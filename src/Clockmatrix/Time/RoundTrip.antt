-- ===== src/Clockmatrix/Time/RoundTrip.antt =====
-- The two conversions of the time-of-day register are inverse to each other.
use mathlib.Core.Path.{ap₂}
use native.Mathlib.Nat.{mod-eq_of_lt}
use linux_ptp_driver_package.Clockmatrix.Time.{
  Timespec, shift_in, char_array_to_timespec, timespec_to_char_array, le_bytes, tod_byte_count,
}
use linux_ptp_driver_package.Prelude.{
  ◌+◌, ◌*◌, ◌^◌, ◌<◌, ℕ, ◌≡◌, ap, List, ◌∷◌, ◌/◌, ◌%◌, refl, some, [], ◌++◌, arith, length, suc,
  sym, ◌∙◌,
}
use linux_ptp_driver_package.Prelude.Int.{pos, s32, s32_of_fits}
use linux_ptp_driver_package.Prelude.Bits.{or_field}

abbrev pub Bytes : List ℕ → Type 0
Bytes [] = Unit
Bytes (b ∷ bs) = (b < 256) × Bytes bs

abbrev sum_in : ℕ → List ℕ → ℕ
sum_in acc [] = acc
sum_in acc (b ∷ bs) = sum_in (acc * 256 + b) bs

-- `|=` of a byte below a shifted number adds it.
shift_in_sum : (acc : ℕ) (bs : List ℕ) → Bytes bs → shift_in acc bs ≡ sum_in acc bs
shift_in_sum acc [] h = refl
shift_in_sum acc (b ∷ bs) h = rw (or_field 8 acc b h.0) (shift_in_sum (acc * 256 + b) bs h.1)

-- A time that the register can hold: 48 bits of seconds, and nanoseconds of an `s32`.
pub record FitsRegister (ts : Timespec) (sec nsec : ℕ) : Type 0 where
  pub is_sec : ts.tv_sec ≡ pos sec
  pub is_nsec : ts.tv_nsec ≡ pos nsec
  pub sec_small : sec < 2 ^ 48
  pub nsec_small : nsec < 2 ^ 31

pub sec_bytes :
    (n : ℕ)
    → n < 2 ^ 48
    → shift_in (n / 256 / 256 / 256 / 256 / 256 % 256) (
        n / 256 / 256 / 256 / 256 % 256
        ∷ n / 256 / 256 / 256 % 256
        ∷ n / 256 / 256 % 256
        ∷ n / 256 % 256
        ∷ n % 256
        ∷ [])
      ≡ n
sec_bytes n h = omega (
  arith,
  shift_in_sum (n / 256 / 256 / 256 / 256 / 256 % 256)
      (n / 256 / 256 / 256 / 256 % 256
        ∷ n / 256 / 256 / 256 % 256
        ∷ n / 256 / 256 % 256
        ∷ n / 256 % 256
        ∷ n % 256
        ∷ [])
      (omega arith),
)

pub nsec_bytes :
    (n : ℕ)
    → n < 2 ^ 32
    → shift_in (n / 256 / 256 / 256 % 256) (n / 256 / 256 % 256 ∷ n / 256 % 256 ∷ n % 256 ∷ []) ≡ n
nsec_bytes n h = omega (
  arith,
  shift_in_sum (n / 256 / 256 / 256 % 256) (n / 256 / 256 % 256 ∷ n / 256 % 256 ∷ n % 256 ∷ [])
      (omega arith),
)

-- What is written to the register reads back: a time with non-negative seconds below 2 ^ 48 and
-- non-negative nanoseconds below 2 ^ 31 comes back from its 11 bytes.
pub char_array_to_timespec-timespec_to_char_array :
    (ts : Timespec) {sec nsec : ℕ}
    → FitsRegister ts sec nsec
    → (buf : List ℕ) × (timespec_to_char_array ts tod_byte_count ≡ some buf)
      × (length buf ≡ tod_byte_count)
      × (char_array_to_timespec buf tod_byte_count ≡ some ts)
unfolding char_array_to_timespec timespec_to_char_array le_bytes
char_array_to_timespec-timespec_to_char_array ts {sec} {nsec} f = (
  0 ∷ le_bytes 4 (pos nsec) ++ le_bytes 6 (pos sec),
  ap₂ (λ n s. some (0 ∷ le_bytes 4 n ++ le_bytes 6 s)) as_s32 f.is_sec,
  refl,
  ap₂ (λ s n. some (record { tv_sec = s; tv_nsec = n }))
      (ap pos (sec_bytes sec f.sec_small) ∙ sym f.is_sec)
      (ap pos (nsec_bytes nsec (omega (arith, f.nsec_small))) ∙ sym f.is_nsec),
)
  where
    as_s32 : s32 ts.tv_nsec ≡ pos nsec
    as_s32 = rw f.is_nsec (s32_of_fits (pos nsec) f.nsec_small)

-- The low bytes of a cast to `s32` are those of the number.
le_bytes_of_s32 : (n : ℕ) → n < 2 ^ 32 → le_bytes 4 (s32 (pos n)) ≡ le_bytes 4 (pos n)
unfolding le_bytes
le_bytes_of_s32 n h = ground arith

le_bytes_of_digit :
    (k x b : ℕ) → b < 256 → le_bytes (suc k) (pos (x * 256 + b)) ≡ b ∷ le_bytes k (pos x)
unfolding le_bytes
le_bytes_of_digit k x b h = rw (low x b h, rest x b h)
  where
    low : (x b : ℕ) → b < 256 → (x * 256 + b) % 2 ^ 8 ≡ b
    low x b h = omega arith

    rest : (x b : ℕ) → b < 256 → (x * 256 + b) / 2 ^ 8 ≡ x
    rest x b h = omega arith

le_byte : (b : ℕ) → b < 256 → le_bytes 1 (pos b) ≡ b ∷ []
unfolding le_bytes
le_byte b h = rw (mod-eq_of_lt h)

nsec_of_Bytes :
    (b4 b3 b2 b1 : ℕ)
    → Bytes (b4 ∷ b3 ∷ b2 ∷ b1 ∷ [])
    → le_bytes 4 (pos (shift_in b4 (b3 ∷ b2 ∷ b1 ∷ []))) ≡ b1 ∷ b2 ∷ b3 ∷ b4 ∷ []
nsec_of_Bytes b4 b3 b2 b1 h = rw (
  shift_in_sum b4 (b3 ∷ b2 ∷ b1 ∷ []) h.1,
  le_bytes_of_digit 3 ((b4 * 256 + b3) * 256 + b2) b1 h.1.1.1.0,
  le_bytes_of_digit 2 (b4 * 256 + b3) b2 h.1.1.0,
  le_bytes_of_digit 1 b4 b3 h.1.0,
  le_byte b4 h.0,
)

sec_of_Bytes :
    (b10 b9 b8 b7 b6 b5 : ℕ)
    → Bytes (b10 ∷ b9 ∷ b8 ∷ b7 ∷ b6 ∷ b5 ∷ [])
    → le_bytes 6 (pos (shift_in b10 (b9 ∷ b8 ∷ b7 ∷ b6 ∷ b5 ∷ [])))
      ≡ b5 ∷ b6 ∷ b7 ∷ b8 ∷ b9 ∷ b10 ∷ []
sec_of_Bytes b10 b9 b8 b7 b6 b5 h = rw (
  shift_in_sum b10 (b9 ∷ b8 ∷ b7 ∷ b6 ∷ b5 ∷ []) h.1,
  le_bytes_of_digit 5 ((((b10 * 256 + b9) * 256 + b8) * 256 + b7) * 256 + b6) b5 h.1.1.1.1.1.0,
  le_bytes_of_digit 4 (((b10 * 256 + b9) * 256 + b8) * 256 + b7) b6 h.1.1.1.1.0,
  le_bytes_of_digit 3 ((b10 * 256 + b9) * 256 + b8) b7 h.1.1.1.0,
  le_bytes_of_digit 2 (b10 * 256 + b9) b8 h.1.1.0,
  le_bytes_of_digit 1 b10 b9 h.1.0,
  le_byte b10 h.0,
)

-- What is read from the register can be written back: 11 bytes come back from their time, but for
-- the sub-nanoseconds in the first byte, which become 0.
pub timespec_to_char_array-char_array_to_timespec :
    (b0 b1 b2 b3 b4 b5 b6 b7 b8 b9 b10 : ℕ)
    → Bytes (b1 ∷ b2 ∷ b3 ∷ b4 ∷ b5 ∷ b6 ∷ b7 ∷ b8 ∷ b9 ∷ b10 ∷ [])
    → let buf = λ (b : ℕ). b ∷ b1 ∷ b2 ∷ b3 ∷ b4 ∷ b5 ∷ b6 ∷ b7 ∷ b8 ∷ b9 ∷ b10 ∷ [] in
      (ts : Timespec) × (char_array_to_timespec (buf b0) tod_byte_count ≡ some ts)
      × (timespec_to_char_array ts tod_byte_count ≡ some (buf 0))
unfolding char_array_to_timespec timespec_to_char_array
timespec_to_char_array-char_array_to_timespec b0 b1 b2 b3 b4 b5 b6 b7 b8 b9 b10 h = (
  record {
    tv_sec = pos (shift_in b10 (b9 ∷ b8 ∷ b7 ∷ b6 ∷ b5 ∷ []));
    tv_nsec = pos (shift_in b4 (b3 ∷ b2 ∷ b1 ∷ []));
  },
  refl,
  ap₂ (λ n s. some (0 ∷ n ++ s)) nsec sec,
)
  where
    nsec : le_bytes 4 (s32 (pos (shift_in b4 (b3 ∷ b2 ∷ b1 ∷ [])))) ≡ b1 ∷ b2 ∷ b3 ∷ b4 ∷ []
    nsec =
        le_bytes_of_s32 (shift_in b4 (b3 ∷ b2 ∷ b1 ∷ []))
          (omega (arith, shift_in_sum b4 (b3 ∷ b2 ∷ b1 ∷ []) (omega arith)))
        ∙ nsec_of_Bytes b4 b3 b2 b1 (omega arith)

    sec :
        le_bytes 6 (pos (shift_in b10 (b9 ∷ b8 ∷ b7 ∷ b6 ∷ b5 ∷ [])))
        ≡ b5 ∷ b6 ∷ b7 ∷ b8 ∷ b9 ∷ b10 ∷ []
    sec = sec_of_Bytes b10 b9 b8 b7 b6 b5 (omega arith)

_____

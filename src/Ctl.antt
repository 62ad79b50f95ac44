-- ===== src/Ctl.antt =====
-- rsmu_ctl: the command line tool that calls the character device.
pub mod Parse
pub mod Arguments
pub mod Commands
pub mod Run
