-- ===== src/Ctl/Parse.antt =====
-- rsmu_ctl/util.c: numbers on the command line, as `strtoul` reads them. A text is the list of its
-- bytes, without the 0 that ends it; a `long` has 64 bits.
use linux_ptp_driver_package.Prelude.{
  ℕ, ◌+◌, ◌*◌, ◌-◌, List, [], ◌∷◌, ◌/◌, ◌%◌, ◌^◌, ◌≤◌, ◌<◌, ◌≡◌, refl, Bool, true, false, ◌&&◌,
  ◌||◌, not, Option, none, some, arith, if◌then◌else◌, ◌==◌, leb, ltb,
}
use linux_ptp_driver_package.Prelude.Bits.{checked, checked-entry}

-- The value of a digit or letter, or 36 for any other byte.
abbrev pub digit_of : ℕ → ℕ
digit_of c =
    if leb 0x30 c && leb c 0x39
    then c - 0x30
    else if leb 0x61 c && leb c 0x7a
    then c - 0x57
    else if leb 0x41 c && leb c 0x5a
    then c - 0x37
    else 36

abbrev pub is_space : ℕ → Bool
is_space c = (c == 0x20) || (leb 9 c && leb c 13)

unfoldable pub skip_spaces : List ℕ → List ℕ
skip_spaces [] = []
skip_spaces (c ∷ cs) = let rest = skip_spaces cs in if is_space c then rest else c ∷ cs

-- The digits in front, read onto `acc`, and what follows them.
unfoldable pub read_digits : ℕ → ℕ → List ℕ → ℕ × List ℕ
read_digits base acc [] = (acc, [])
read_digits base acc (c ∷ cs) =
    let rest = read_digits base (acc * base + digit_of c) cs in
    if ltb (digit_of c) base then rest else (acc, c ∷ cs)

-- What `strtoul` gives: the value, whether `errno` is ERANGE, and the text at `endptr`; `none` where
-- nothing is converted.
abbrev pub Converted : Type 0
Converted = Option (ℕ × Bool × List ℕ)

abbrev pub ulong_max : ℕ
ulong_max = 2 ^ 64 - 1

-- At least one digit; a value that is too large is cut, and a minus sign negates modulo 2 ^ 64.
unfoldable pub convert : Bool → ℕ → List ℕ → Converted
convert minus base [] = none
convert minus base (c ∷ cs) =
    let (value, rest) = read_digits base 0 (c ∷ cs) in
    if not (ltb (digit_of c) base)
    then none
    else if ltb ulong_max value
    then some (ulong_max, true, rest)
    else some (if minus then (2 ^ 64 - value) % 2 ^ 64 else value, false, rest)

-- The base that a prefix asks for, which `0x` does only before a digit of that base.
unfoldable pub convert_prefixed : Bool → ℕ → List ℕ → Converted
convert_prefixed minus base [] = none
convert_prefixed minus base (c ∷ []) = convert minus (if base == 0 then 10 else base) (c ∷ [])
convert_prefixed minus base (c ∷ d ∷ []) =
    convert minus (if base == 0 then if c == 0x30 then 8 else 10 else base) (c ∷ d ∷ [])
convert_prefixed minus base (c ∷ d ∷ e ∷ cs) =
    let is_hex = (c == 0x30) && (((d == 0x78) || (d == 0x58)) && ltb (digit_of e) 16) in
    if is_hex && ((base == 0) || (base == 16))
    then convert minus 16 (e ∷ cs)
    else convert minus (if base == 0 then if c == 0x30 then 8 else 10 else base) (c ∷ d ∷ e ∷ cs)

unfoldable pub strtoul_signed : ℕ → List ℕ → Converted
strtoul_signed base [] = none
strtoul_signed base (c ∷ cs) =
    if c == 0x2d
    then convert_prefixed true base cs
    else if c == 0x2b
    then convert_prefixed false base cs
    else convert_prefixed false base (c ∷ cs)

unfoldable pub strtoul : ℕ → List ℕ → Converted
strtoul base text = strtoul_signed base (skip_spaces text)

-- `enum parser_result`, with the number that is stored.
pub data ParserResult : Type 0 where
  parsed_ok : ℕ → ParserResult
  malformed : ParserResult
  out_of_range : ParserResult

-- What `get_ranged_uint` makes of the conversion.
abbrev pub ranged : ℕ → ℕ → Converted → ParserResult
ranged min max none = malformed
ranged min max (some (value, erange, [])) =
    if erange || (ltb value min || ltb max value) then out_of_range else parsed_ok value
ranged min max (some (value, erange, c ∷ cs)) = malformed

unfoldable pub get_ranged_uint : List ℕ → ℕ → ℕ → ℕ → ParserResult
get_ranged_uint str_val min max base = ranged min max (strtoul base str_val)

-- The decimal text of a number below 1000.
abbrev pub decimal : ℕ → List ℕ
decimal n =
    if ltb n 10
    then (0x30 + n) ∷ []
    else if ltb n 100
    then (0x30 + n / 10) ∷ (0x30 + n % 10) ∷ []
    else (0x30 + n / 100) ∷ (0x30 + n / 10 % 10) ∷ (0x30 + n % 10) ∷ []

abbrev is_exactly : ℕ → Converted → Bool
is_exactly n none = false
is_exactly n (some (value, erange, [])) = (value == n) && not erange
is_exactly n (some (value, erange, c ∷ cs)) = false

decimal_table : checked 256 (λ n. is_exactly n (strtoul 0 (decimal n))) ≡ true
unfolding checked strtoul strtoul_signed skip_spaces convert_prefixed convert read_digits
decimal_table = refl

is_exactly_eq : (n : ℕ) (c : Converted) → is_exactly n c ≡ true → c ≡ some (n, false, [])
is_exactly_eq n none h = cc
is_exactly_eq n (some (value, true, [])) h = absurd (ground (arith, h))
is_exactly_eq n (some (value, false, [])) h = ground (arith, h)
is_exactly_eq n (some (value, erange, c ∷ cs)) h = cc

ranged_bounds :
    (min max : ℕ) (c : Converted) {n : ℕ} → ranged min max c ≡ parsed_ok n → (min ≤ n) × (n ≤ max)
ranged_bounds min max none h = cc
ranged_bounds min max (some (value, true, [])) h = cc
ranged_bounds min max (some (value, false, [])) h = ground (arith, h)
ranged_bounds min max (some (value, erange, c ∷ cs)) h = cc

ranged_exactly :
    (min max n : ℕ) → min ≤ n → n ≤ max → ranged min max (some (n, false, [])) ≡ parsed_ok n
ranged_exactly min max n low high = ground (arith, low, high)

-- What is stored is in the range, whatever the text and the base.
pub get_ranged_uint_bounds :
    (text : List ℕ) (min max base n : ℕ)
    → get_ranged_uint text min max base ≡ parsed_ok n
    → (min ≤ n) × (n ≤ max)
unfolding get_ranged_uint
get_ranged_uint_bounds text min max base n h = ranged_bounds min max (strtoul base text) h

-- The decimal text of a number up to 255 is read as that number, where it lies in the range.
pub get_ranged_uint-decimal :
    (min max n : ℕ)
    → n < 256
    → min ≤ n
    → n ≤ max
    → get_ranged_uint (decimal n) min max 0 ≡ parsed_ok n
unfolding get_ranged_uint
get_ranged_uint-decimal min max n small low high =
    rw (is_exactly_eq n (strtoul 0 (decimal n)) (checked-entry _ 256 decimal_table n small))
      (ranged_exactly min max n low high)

_____

● Task requirements: Find the lines above that contain the word "from" and copy each one.

● Problem solution:
-- non-negative nanoseconds below 2 ^ 31 comes back from its 11 bytes.
-- What is read from the register can be written back: 11 bytes come back from their time, but for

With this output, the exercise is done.